Last year WFP reached 16.6 million schoolchildren in 72 countries through its school feeding projects, which provide free meals to encourage poor children to attend class and help them concentrate on their studies. The agency will seek to reach 50 million by the end of 2007, as part of WFP’s commitment to the United Nations Millennium Development Goals for the 21st century.

In his new capacity as an Ambassador Against Hunger, Ronaldinho will first visit a school feeding project at a school with its own amateur soccer team in a shanty town on the outskirts of Bogota, Colombia, where WFP provides food aid to some 15,000 internally displaced people.

Plagued by long-standing conflicts between the government and illegal armed groups, Colombia has an estimated two to three million internally displaced people of a total population of 43 million, and some 80 percent of those displaced by violence lack sufficient access to food.

“I hope that as a kid from a poor family who has managed to fulfil his dream, I can inspire other children who are fighting to escape poverty and hunger,” said Ronaldinho. “But more than this, I hope that the fame I enjoy will mean that I can draw attention to their plight.”

Voted FIFA World Player of the Year by national soccer coaches and captains last December, Ronaldinho bewitches his opponents with audacious tricks and inspires both team mates and fans with his uplifting passion for “the beautiful game”; he is rarely without his trademark smile.

After beginning his career at Gremio, he spent three years with Paris Saint-Germain before moving to Barcelona in 2003. At the time the club was at one of the lowest points in its long history, not having won a title for four years, but within two seasons Ronaldinho’s contagious confidence had inspired the team to win Spain’s Primera Liga.
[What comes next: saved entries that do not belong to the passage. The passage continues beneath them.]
-- ===== src/Clock/DbSync/Runs.antt =====
-- The operations of the service: on sound rows they return, and leave the rows sound.
use clock_ha_orchestrator.Prelude.{
  any, select, ℕ, ◌+◌, ◌≡◌, false, List, [], map, String, str_eq, if-holds, All,
}
use clock_ha_orchestrator.Prelude.Results.{Result, ok, err, Succeeds, Succeeds-bind, Succeeds-ok}
use clock_ha_orchestrator.Domain.Models.{ValueError, HotelPolicy, RoomRegistry}
use clock_ha_orchestrator.Domain.StateMachine.Windows.{IsDaily}
use clock_ha_orchestrator.Persistence.Rows.{Payload}
use clock_ha_orchestrator.Persistence.Session.{Database}
use clock_ha_orchestrator.Clock.Registry.{RegistryRows, ensure_registry}
use clock_ha_orchestrator.Clock.Rooms.{SemanticState, Recalculation}
use clock_ha_orchestrator.Clock.Rooms.Step.{recalculate_rooms}
use clock_ha_orchestrator.Clock.Rooms.Soundness.{Sound, Keyed, Keeps-Sound}
use clock_ha_orchestrator.Clock.Rooms.Totality.{recalculate_rooms-Sound}
use clock_ha_orchestrator.Clock.DbSync.{
  SyncError, as_sync_error, SyncRunResult, PersistedSyncResult, Progress, persisted, advance_cursor,
  process_bookings, add_ids, apply_success, apply_sync_result, evaluate_ids, evaluate_all_rooms,
  evaluate_room_keys,
}
use clock_ha_orchestrator.Clock.DbSync.Laws.{
  IsSynced, Keeps-Quiet, registry-Quiet, registry-Keyed, cursor_or_new-Keeps,
  process_bookings-Sound,
}

as_sync_error-Succeeds :
    {A : Type 0} (P : A → Type 0) (m : Result ValueError A)
    → Succeeds P m
    → Succeeds P (as_sync_error m)
as_sync_error-Succeeds P (ok a) h = h
as_sync_error-Succeeds P (err e) h = h

module _ (uuid : ℕ → ℕ) (serialize : Payload → String) (hash : SemanticState → String)
    (prefix : String) (registry : RoomRegistry) (policy : HotelPolicy) (cursor_source : String)
    (daily : IsDaily policy) (keyed : All (λ r. str_eq r.key "" ≡ false) registry.rooms) where
  ids-Succeeds :
      (db : Database) (ids : List ℕ) (now correlation_id : ℕ)
      → Sound db
      → Succeeds
          (λ r. Sound r.0)
          (evaluate_ids uuid serialize hash prefix registry policy cursor_source
            (ensure_registry uuid registry db)
            ids
            now
            correlation_id)
  unfolding evaluate_ids
  ids-Succeeds db ids now correlation_id h =
      let rows = ensure_registry uuid registry db in
      let run =
        recalculate_rooms uuid serialize hash prefix policy now correlation_id rows.1 ids rows.0 in
      Succeeds-bind {A = Database × Recalculation} {B = Database × PersistedSyncResult}
        (λ r. Sound r.0) (λ r. Sound r.0) (as_sync_error run)
        (λ rooms. ok (
          record rooms.0 { drawn = rooms.0.drawn + 1 },
          persisted uuid serialize hash prefix registry policy cursor_source (uuid rooms.0.drawn) 0
              0 rooms.1,
        ))
        (as_sync_error-Succeeds {A = Database × Recalculation} (λ r. Sound r.0) run
          (recalculate_rooms-Sound uuid serialize hash prefix policy now correlation_id rows.1 ids
            rows.0 daily (registry-Keyed uuid registry db keyed)
            (Keeps-Sound db rows.0 (Keeps-Quiet db rows.0 (registry-Quiet uuid registry db)) h)))
        (λ r s. s)

  -- Evaluating all rooms returns, whatever the time, and leaves the rows sound.
  pub evaluate_all_rooms-Sound :
      (now correlation_id : ℕ) (db : Database)
      → Sound db
      → (r : Database × PersistedSyncResult) × (evaluate_all_rooms uuid serialize hash prefix
            registry policy cursor_source now correlation_id db
          ≡ ok r)
        × Sound r.0
  unfolding evaluate_all_rooms
  evaluate_all_rooms-Sound now correlation_id db h =
      Succeeds-ok {A = Database × PersistedSyncResult} (λ r. Sound r.0)
        (evaluate_all_rooms uuid serialize hash prefix registry policy cursor_source now
          correlation_id db)
        (ids-Succeeds db
          (add_ids (map (λ e. e.row_id) (ensure_registry uuid registry db).1.entries) []) now
          correlation_id h)

  -- Evaluating the rooms of some keys returns as well, and leaves the rows sound.
  pub evaluate_room_keys-Sound :
      (room_keys : List String) (now correlation_id : ℕ) (db : Database)
      → Sound db
      → (r : Database × PersistedSyncResult) × (evaluate_room_keys uuid serialize hash prefix
            registry policy cursor_source room_keys now correlation_id db
          ≡ ok r)
        × Sound r.0
  unfolding evaluate_room_keys
  evaluate_room_keys-Sound room_keys now correlation_id db h =
      Succeeds-ok {A = Database × PersistedSyncResult} (λ r. Sound r.0)
        (evaluate_room_keys uuid serialize hash prefix registry policy cursor_source room_keys now
          correlation_id db)
        (ids-Succeeds db
          (add_ids
            (map (λ e. e.row_id)
              (select (λ e. any (str_eq e.room.key) room_keys)
                (ensure_registry uuid registry db).1.entries))
            [])
          now correlation_id h)

  success-Sound :
      (rows : RegistryRows) (run_id : ℕ) (result : SyncRunResult) (correlation_id : ℕ)
      (db : Database)
      → Keyed rows
      → All (IsSynced registry.property_key) result.bookings
      → Sound db
      → Succeeds
          (λ r. Sound r.0)
          (apply_success uuid serialize hash prefix registry policy cursor_source rows run_id result
            correlation_id db)
  unfolding apply_success advance_cursor
  success-Sound rows run_id result correlation_id db k s h =
      let now = result.finished_at in
      let start : Progress = record {
        affected_room_ids = [];
        audit_events_created = 0;
        processed_bookings = 0;
      } in
      Succeeds-bind {A = Database × Progress} {B = Database × PersistedSyncResult} (λ p. Sound p.0)
        (λ r. Sound r.0)
        (process_bookings uuid serialize hash prefix registry policy cursor_source rows now
          correlation_id result.bookings (db, start))
        _
        (process_bookings-Sound uuid serialize hash prefix registry policy cursor_source rows now
          correlation_id result.bookings (db, start) s h)
        (λ p sp.
          Succeeds-bind {A = Database × Recalculation} {B = Database × PersistedSyncResult}
            (λ r. Sound r.0) (λ r. Sound r.0)
            (as_sync_error (
              recalculate_rooms uuid serialize hash prefix policy now correlation_id rows
                p.1.affected_room_ids p.0))
            _
            (as_sync_error-Succeeds {A = Database × Recalculation} (λ r. Sound r.0) _
              (recalculate_rooms-Sound uuid serialize hash prefix policy now correlation_id rows
                p.1.affected_room_ids p.0 daily k sp))
            (λ r sr.
              Keeps-Sound r.0
                (advance_cursor rows.property_id cursor_source result.next_cursor now r.0)
                (cursor_or_new-Keeps rows.property_id cursor_source result.next_cursor now _ r.0)
                sr))

  run-Succeeds :
      (result : SyncRunResult) (correlation_id : ℕ) (db : Database)
      → All (IsSynced registry.property_key) result.bookings
      → Sound db
      → Succeeds
          (λ r. Sound r.0)
          (apply_sync_result uuid serialize hash prefix registry policy cursor_source result
            correlation_id db)
  unfolding apply_sync_result
  run-Succeeds result correlation_id db s h =
      let rows = ensure_registry uuid registry db in
      let started =
        Keeps-Sound db rows.0 (Keeps-Quiet db rows.0 (registry-Quiet uuid registry db)) h in
      if-holds {A = Result SyncError (Database × PersistedSyncResult)} (Succeeds (λ r. Sound r.0))
        result.success _ _
        (λ _.
          success-Sound rows.1 (uuid rows.0.drawn) result correlation_id _
            (registry-Keyed uuid registry db keyed) s started)
        (λ _. started)

  -- Applying a run returns and leaves the rows sound, if its bookings are the property's, stay a night
  -- and have no unnoticed unknown status.
  pub apply_sync_result-Sound :
      (result : SyncRunResult) (correlation_id : ℕ) (db : Database)
      → All (IsSynced registry.property_key) result.bookings
      → Sound db
      → (r : Database × PersistedSyncResult) × (apply_sync_result uuid serialize hash prefix
            registry policy cursor_source result correlation_id db
          ≡ ok r)
        × Sound r.0
  unfolding apply_sync_result
  apply_sync_result-Sound result correlation_id db s h =
      Succeeds-ok {A = Database × PersistedSyncResult} (λ r. Sound r.0)
        (apply_sync_result uuid serialize hash prefix registry policy cursor_source result
          correlation_id db)
        (run-Succeeds result correlation_id db s h)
Ronaldinho is one of several international sports stars who are donating their time and celebrity status to help WFP defeat global hunger, including his Brazil soccer team mate Kaká, currently playing for AC Milan in Italy’s Serie A; marathon record-holder Paul Tergat of Kenya; cricket’s record-breaking wicket-taker Muttiah Muralitharan of Sri Lanka; and former Rugby World Cup-winning captains Nick Farr-Jones of Australia and New Zealand’s David Kirk.